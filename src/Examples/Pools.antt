-- ===== src/Examples/Pools.antt =====
-- Examples for the catalog and the buffer pool.
use komfy_db.Base.{◌≡◌, refl, ◌≢◌, [], codes, replicate, Bytes, true}
use komfy_db.Base.Maps.{lookup}
use komfy_db.Base.Status.{ok}
use komfy_db.Common.TupleDesc.{get_size}
use komfy_db.Storage.BufferPool.{BufferPool, get_page, on_file}
use komfy_db.Storage.BufferPool.Repeat.{get_page_again}
use komfy_db.Storage.Catalog.{Catalog, add_table, get_database_file}
use komfy_db.Storage.Header.{tuple_present}
use komfy_db.Storage.HeapFile.{HeapFile, read_page, check_page, read_at}
use komfy_db.Storage.HeapPage.{create}
use komfy_db.Storage.HeapPage.Empty.{empty_page}
use komfy_db.Examples.{people, first_page}

abbrev pub people_file : HeapFile
people_file = record {
  file = record { contents = replicate 4096 0; writable = true; good = true };
  tuple_desc = people;
  file_length = 4096;
  table_id = 7;
}

abbrev pub no_tables : Catalog
no_tables = record { db_files = []; table_names = []; primary_keys = []; table_name_to_id = [] }

abbrev pub people_name : Bytes
people_name = codes "people"

abbrev pub tables : Catalog
tables = add_table people_file people_name (codes "id") no_tables

other_name : people_name ≢ codes "pets"
other_name e = cc

abbrev pub pool : BufferPool
pool = record { pages_cnt = 1; catalog = tables; page_pool = []; lru = [] }

abbrev pub pool_after : BufferPool
pool_after = (get_page first_page pool).0

pub first_got : get_page first_page pool ≡ (pool_after, ok (empty_page first_page people))
unfolding get_page get_size tuple_present lookup get_database_file add_table on_file read_page
    check_page create read_at
first_got = refl

get_page_again_example :
    get_page first_page pool_after ≡ (pool_after, ok (empty_page first_page people))
get_page_again_example =
    get_page_again first_page pool pool_after (empty_page first_page people) first_got
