-- ===== src/Execution/LogicalPlan/Resolved.antt =====
-- The columns that a logical plan names are columns of its tables
-- (komfydb/execution/logical_plan/logical_plan.cc).
use komfy_db.Base.{
  ℕ, ◌≡◌, refl, ap, sym, ◌∙◌, ◌⊎◌, inl, inr, true, false, List, [], ◌∷◌, ◌++◌, Option, none, some,
  if◌then◌else◌, Bytes, bytes_eq, bytes_eq_iff, All, All-append, All-imp, Bool-cases, Option-cases,
}
use komfy_db.Base.Maps.{lookup, insert, lookup-insert}
use komfy_db.Base.Status.{StatusOr, ok, err, fault, no_fuel, invalid_argument, ◌>>◌, >>=-eq-ok}
use komfy_db.Storage.Catalog.{Catalog}
use komfy_db.Execution.LogicalPlan.{
  ColumnRef, LogicalPlan, ScanNode, AggregateNode, JoinNode, join_columns, join_subplan, FilterNode,
  two_columns, column_constant, is_valid, is_star, check_in, check_ref,
}
use komfy_db.Execution.LogicalPlan.Build.{passed, scan_found}

-- The reference is the star, or a column of the table that the alias stands for.
abbrev pub Resolves : Catalog → List (Bytes × ℕ) → ColumnRef → Type 0
Resolves c m ref = check_ref c m ref ≡ ok tt

abbrev pub JoinResolves : {Sub : Type 0} → Catalog → List (Bytes × ℕ) → JoinNode Sub → Type 0
JoinResolves c m (join_columns lref op rref) = Resolves c m lref × Resolves c m rref
JoinResolves c m (join_subplan lref op subplan) = Resolves c m lref

abbrev pub FilterResolves : Catalog → List (Bytes × ℕ) → FilterNode → Type 0
FilterResolves c m (two_columns lcol op rcol) = Resolves c m lcol × Resolves c m rcol
FilterResolves c m (column_constant lcol op constant) = Resolves c m lcol

-- Every column that the plan names is one of its tables, every scan has its alias, and not both
-- selects and aggregates are there.
pub record IsResolved {Sub : Type 0} (p : LogicalPlan Sub) : Type 0 where
  pub scans : All (λ (s : ScanNode). lookup bytes_eq s.alias p.alias_to_id ≡ some s.id) p.scans
  pub joins : All (JoinResolves p.catalog p.alias_to_id) p.joins
  pub filters : All (FilterResolves p.catalog p.alias_to_id) p.filters
  pub selects : All (Resolves p.catalog p.alias_to_id) p.selects
  pub aggregates : All (λ (a : AggregateNode). Resolves p.catalog p.alias_to_id a.col) p.aggregates
  pub groups : All (Resolves p.catalog p.alias_to_id) p.groupby_cols
  pub order : is_valid p.order_by_column ≡ true → Resolves p.catalog p.alias_to_id p.order_by_column
  pub exclusive : (p.selects ≡ []) ⊎ (p.aggregates ≡ [])

-- a new alias leaves what the others stand for
pub insert_other :
    (alias table : Bytes) (id old : ℕ) (m : List (Bytes × ℕ))
    → lookup bytes_eq alias m ≡ none
    → lookup bytes_eq table m ≡ some old
    → lookup bytes_eq table (insert bytes_eq alias id m) ≡ lookup bytes_eq table m
insert_other alias table id old m absent there = elim (Bool-cases (bytes_eq alias table)) [
  | inl e ↦
      let same = (bytes_eq_iff alias table).0 e in
      let clash : ◌≡◌ {A = Option ℕ} none (some old) =
        sym absent ∙ ap (λ t. lookup bytes_eq t m) same ∙ there in
      cc
  | inr e ↦
      lookup-insert bytes_eq bytes_eq_iff alias table id m
      ∙ ap (λ b. if b then some id else lookup bytes_eq table m) e
]

check_ref-insert :
    (c : Catalog) (alias : Bytes) (id : ℕ) (m : List (Bytes × ℕ)) (ref : ColumnRef)
    → lookup bytes_eq alias m ≡ none
    → Resolves c m ref
    → Resolves c (insert bytes_eq alias id m) ref
unfolding check_ref
check_ref-insert c alias id m ref absent h = elim (Bool-cases (is_star ref)) [
  | inl star ↦
      ap
        (λ b.
          if b
          then ok tt
          else check_in c ref.column (lookup bytes_eq ref.table (insert bytes_eq alias id m)))
        star
  | inr column ↦ elim (Option-cases (lookup bytes_eq ref.table m)) [
    | inl missing ↦
        let clash : ◌≡◌ {A = StatusOr (Unit {0})} (err invalid_argument) (ok tt) =
          sym (at_column column (lookup bytes_eq ref.table m) ∙ ap (check_in c ref.column) missing)
          ∙ h in
        cc
    | inr (old, there) ↦
        at_column column (lookup bytes_eq ref.table (insert bytes_eq alias id m))
        ∙ ap (check_in c ref.column) (insert_other alias ref.table id old m absent there)
        ∙ sym (at_column column (lookup bytes_eq ref.table m))
        ∙ h
  ]
]
  where
    at_column :
        is_star ref ≡ false
        → (found : Option ℕ)
        → (if is_star ref then ok tt else check_in c ref.column found) ≡ check_in c ref.column found
    at_column e found = ap (λ b. if b then ok tt else check_in c ref.column found) e

-- what was added to a list
pub All-snoc :
    {A : Type 0} (P : A → Type 0) (xs : List A) (x : A) → All P xs → P x → All P (xs ++ x ∷ [])
All-snoc P xs x h k = All-append P xs (x ∷ []) h (k, tt)

pub both_passed : (a b : StatusOr (Unit {0})) → (a >> b) ≡ ok tt → (a ≡ ok tt) × (b ≡ ok tt)
both_passed a b h = let (u, e, k) = >>=-eq-ok a (λ _. b) h in (e, k)

module _ {Sub : Type 0} where
  -- the calls that fail change nothing, the others know that their checks passed
  pub passed-IsResolved :
      (r : StatusOr (Unit {0})) (p : LogicalPlan Sub) (done : LogicalPlan Sub × StatusOr (Unit {0}))
      → IsResolved p
      → (r ≡ ok tt → IsResolved done.0)
      → IsResolved (passed r p done).0
  passed-IsResolved (ok tt) p done h next = next refl
  passed-IsResolved (err c) p done h next = h
  passed-IsResolved fault p done h next = h
  passed-IsResolved no_fuel p done h next = h

  pub scan_found-IsResolved :
      (table_id : ℕ) (alias : Bytes) (p : LogicalPlan Sub) (found : Option ℕ)
      → lookup bytes_eq alias p.alias_to_id ≡ found
      → IsResolved p
      → IsResolved (scan_found table_id alias p found).0
  scan_found-IsResolved table_id alias p (some id) e h = h
  scan_found-IsResolved table_id alias p none e h = record {
    scans =
        All-snoc _ p.scans _
          (All-imp (λ (s : ScanNode). lookup bytes_eq s.alias p.alias_to_id ≡ some s.id) _ p.scans
            (λ s k. insert_other alias s.alias table_id s.id p.alias_to_id e k ∙ k) h.scans)
          (lookup-insert bytes_eq bytes_eq_iff alias alias table_id p.alias_to_id
            ∙ ap (λ b. if b then some table_id else lookup bytes_eq alias p.alias_to_id)
                ((bytes_eq_iff alias alias).1 refl));
    joins = All-imp (JoinResolves p.catalog p.alias_to_id) _ p.joins join_still h.joins;
    filters = All-imp (FilterResolves p.catalog p.alias_to_id) _ p.filters filter_still h.filters;
    selects = All-imp (Resolves p.catalog p.alias_to_id) _ p.selects still h.selects;
    aggregates =
        All-imp (λ (a : AggregateNode). Resolves p.catalog p.alias_to_id a.col) _ p.aggregates
          (λ a. still a.col) h.aggregates;
    groups = All-imp (Resolves p.catalog p.alias_to_id) _ p.groupby_cols still h.groups;
    order = λ v. still p.order_by_column (h.order v);
    exclusive = h.exclusive;
  }
    where
      still :
          (ref : ColumnRef)
          → Resolves p.catalog p.alias_to_id ref
          → Resolves p.catalog (insert bytes_eq alias table_id p.alias_to_id) ref
      still ref k = check_ref-insert p.catalog alias table_id p.alias_to_id ref e k

      join_still :
          (j : JoinNode Sub)
          → JoinResolves p.catalog p.alias_to_id j
          → JoinResolves p.catalog (insert bytes_eq alias table_id p.alias_to_id) j
      join_still (join_columns lref op rref) k = (still lref k.0, still rref k.1)
      join_still (join_subplan lref op subplan) k = still lref k

      filter_still :
          (f : FilterNode)
          → FilterResolves p.catalog p.alias_to_id f
          → FilterResolves p.catalog (insert bytes_eq alias table_id p.alias_to_id) f
      filter_still (two_columns lcol op rcol) k = (still lcol k.0, still rcol k.1)
      filter_still (column_constant lcol op constant) k = still lcol k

- **The problem**
Using the material, show each line where the string "lref" can be found.

- **Reply**
JoinResolves c m (join_columns lref op rref) = Resolves c m lref × Resolves c m rref
JoinResolves c m (join_subplan lref op subplan) = Resolves c m lref
      join_still (join_columns lref op rref) k = (still lref k.0, still rref k.1)
      join_still (join_subplan lref op subplan) k = still lref k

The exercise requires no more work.